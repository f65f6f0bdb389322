-- ===== src/Music/Playlists/Refinement.antt =====
-- The methods of features/music/playlist_repository.py implement the changes of the shelf.
use mathlib.Core.List.{map-append}
use cywl_oopz.Prelude.{
  Option-cases, ℕ, ◌+◌, ◌≡◌, not, List, [], ◌∷◌, ◌++◌, arith, nat_beq_iff, keep, count, Result, ok,
  err, inl, inr, ap,
}
use cywl_oopz.Prelude.Text.{Text}
use cywl_oopz.Music.Models.{MusicTrack}
use cywl_oopz.Music.Playlists.Tables.{PlaylistError, Tables, is_of}
use cywl_oopz.Music.Playlists.Rows.{
  new_playlist, delete, remove, clear, rename, append, create_with_tracks, create, find_playlist,
  new_track, enumerate, without, find_position,
}
use cywl_oopz.Music.Playlists.Shelf.{
  forget, album, Shelf, Change, creates, imports, appends, removes, renames, deletes, clears,
  change, spec, shelf, tables_of,
}
use cywl_oopz.Music.Playlists.Contents

-- uuid4 has drawn the identity of a new playlist for no row before.
abbrev pub IsFresh : Change → Tables → Type 0
IsFresh (creates now id area name normalized by) t = Contents.Unused id t.playlists t.tracks
IsFresh (imports now id ids area name normalized tracks by max_tracks) t =
    Contents.Unused id t.playlists t.tracks
IsFresh (appends now entry_id area id track by max_tracks) t = Unit
IsFresh (removes now area id entry_id) t = Unit
IsFresh (renames now area id name normalized) t = Unit
IsFresh (deletes area id) t = Unit
IsFresh (clears now area id) t = Unit

-- The shelf of what a change leaves.
abbrev pub shelf_after : Result PlaylistError Tables → Result PlaylistError Shelf
shelf_after (ok t) = ok (shelf t)
shelf_after (err e) = err e

create-shelf :
    (now id : ℕ) (area name normalized by : Text) (t : Tables)
    → Contents.Unused id t.playlists t.tracks
    → shelf_after (tables_of (create now id area name normalized by t))
      ≡ spec (creates now id area name normalized by) (shelf t)
unfolding create spec
create-shelf now id area name normalized by t fresh = ground (
  arith,
  Contents.any-bears area normalized t.tracks t.playlists,
  map-append (album t.tracks) t.playlists (new_playlist now id area name normalized by ∷ []),
  Contents.entries_of-unused id t.tracks fresh.1,
)

imports-shelf :
    (now id : ℕ) (ids : ℕ → ℕ) (area name normalized : Text) (tracks : List MusicTrack) (by : Text)
    (max_tracks : ℕ) (t : Tables)
    → Contents.Unused id t.playlists t.tracks
    → shelf_after
        (tables_of (create_with_tracks now id ids area name normalized tracks by max_tracks t))
      ≡ spec (imports now id ids area name normalized tracks by max_tracks) (shelf t)
unfolding create_with_tracks spec
imports-shelf now id ids area name normalized tracks by max_tracks t fresh =
    let more = enumerate now ids id by 1 tracks in
    ground (
      arith,
      Contents.any-bears area normalized t.tracks t.playlists,
      map-append (album (t.tracks ++ more)) t.playlists
          (new_playlist now id area name normalized by ∷ []),
      Contents.import-shelf now ids id by tracks t.tracks t.playlists fresh.0,
      Contents.entries_of-append id t.tracks more,
      Contents.entries_of-unused id t.tracks fresh.1,
      Contents.entries_of-enumerate now ids id id by 1 tracks,
      nat_beq_iff id id,
    )

append-shelf :
    (now entry_id : ℕ) (area : Text) (id : ℕ) (track : MusicTrack) (by : Text) (max_tracks : ℕ)
    (t : Tables)
    → shelf_after (tables_of (append now entry_id area id track by max_tracks t))
      ≡ spec (appends now entry_id area id track by max_tracks) (shelf t)
unfolding append spec
append-shelf now entry_id area id track by max_tracks t =
    rw (Contents.find-album area id t.tracks t.playlists)
      (elim (Option-cases (find_playlist area id t.playlists)) [
        | inl missing ↦ rw missing
        | inr (p, found) ↦
            let same = Contents.find_playlist-id area id t.playlists p found in
            rw found (
              ground (
                arith,
                same,
                Contents.length-entries_of id t.tracks,
                Contents.adjust-shelf (λ entries. entries ++ (entry_id, track) ∷ []) now id t.tracks
                    (t.tracks
                      ++ new_track now entry_id id (count (is_of id) t.tracks + 1) track by ∷ [])
                    t.playlists
                    (Contents.append-Adjusts now entry_id id (count (is_of id) t.tracks + 1) track
                      by t.tracks),
              ))
      ])

remove-shelf :
    (now : ℕ) (area : Text) (id entry_id : ℕ) (t : Tables)
    → shelf_after (tables_of (remove now area id entry_id t))
      ≡ spec (removes now area id entry_id) (shelf t)
unfolding remove spec
remove-shelf now area id entry_id t =
    rw (Contents.find-album area id t.tracks t.playlists)
      (elim (Option-cases (find_playlist area id t.playlists)) [
        | inl missing ↦ rw missing
        | inr (p, found) ↦ rw found (elim (Option-cases (find_position id entry_id t.tracks)) [
          | inl absent ↦ rw absent (
              ap ok (
                Contents.touch_none (forget entry_id) id t.tracks t.playlists
                  (Contents.absent-Adjusts id entry_id t.tracks absent)))
          | inr (position, present) ↦ rw present (
              ap ok (
                Contents.adjust-shelf (forget entry_id) now id t.tracks
                  (without id entry_id position t.tracks) t.playlists
                  (Contents.without-Adjusts id entry_id position t.tracks)))
        ])
      ])

rename-shelf :
    (now : ℕ) (area : Text) (id : ℕ) (name normalized : Text) (t : Tables)
    → shelf_after (tables_of (rename now area id name normalized t))
      ≡ spec (renames now area id name normalized) (shelf t)
unfolding rename spec
rename-shelf now area id name normalized t =
    rw (Contents.find-album area id t.tracks t.playlists)
      (elim (Option-cases (find_playlist area id t.playlists)) [
        | inl missing ↦ rw missing
        | inr (p, found) ↦ rw found (
            ground (
              arith,
              Contents.any-taken id area normalized t.tracks t.playlists,
              Contents.retitle-shelf now id name normalized t.tracks t.playlists,
            ))
      ])

delete-shelf :
    (area : Text) (id : ℕ) (t : Tables)
    → shelf_after (ok (delete area id t).1) ≡ spec (deletes area id) (shelf t)
unfolding delete spec
delete-shelf area id t =
    rw (Contents.find-album area id t.tracks t.playlists)
      (elim (Option-cases (find_playlist area id t.playlists)) [
        | inl missing ↦ rw missing
        | inr (p, found) ↦ rw found (ap ok (Contents.delete-shelf id t.tracks t.playlists))
      ])

clear-shelf :
    (now : ℕ) (area : Text) (id : ℕ) (t : Tables)
    → shelf_after (tables_of (clear now area id t)) ≡ spec (clears now area id) (shelf t)
unfolding clear spec
clear-shelf now area id t =
    rw (Contents.find-album area id t.tracks t.playlists)
      (elim (Option-cases (find_playlist area id t.playlists)) [
        | inl missing ↦ rw missing
        | inr (p, found) ↦ rw found (
            ap ok (
              Contents.adjust-shelf (λ entries. []) now id t.tracks
                (keep (λ r. not (is_of id r)) t.tracks) t.playlists
                (Contents.clear-Adjusts id t.tracks)))
      ])

-- Every change of the tables is the change of the shelf that they stand for, and is refused where
-- that is, with the same error: a name that the area has, a playlist that is not there, a full one.
pub change-shelf :
    (c : Change) (t : Tables) → IsFresh c t → shelf_after (change c t) ≡ spec c (shelf t)
unfolding change
change-shelf (creates now id area name normalized by) t fresh =
    create-shelf now id area name normalized by t fresh
change-shelf (imports now id ids area name normalized tracks by max_tracks) t fresh =
    imports-shelf now id ids area name normalized tracks by max_tracks t fresh
change-shelf (appends now entry_id area id track by max_tracks) t fresh =
    append-shelf now entry_id area id track by max_tracks t
change-shelf (removes now area id entry_id) t fresh = remove-shelf now area id entry_id t
change-shelf (renames now area id name normalized) t fresh =
    rename-shelf now area id name normalized t
change-shelf (deletes area id) t fresh = delete-shelf area id t
change-shelf (clears now area id) t fresh = clear-shelf now area id t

■ ■ ■ ■ ■ ■ ■

PROMPT: Copy out all the lines of the records that include "same".

EXERCISE RESPONSE:
            let same = Contents.find_playlist-id area id t.playlists p found in
                same,
-- that is, with the same error: a name that the area has, a playlist that is not there, a full one.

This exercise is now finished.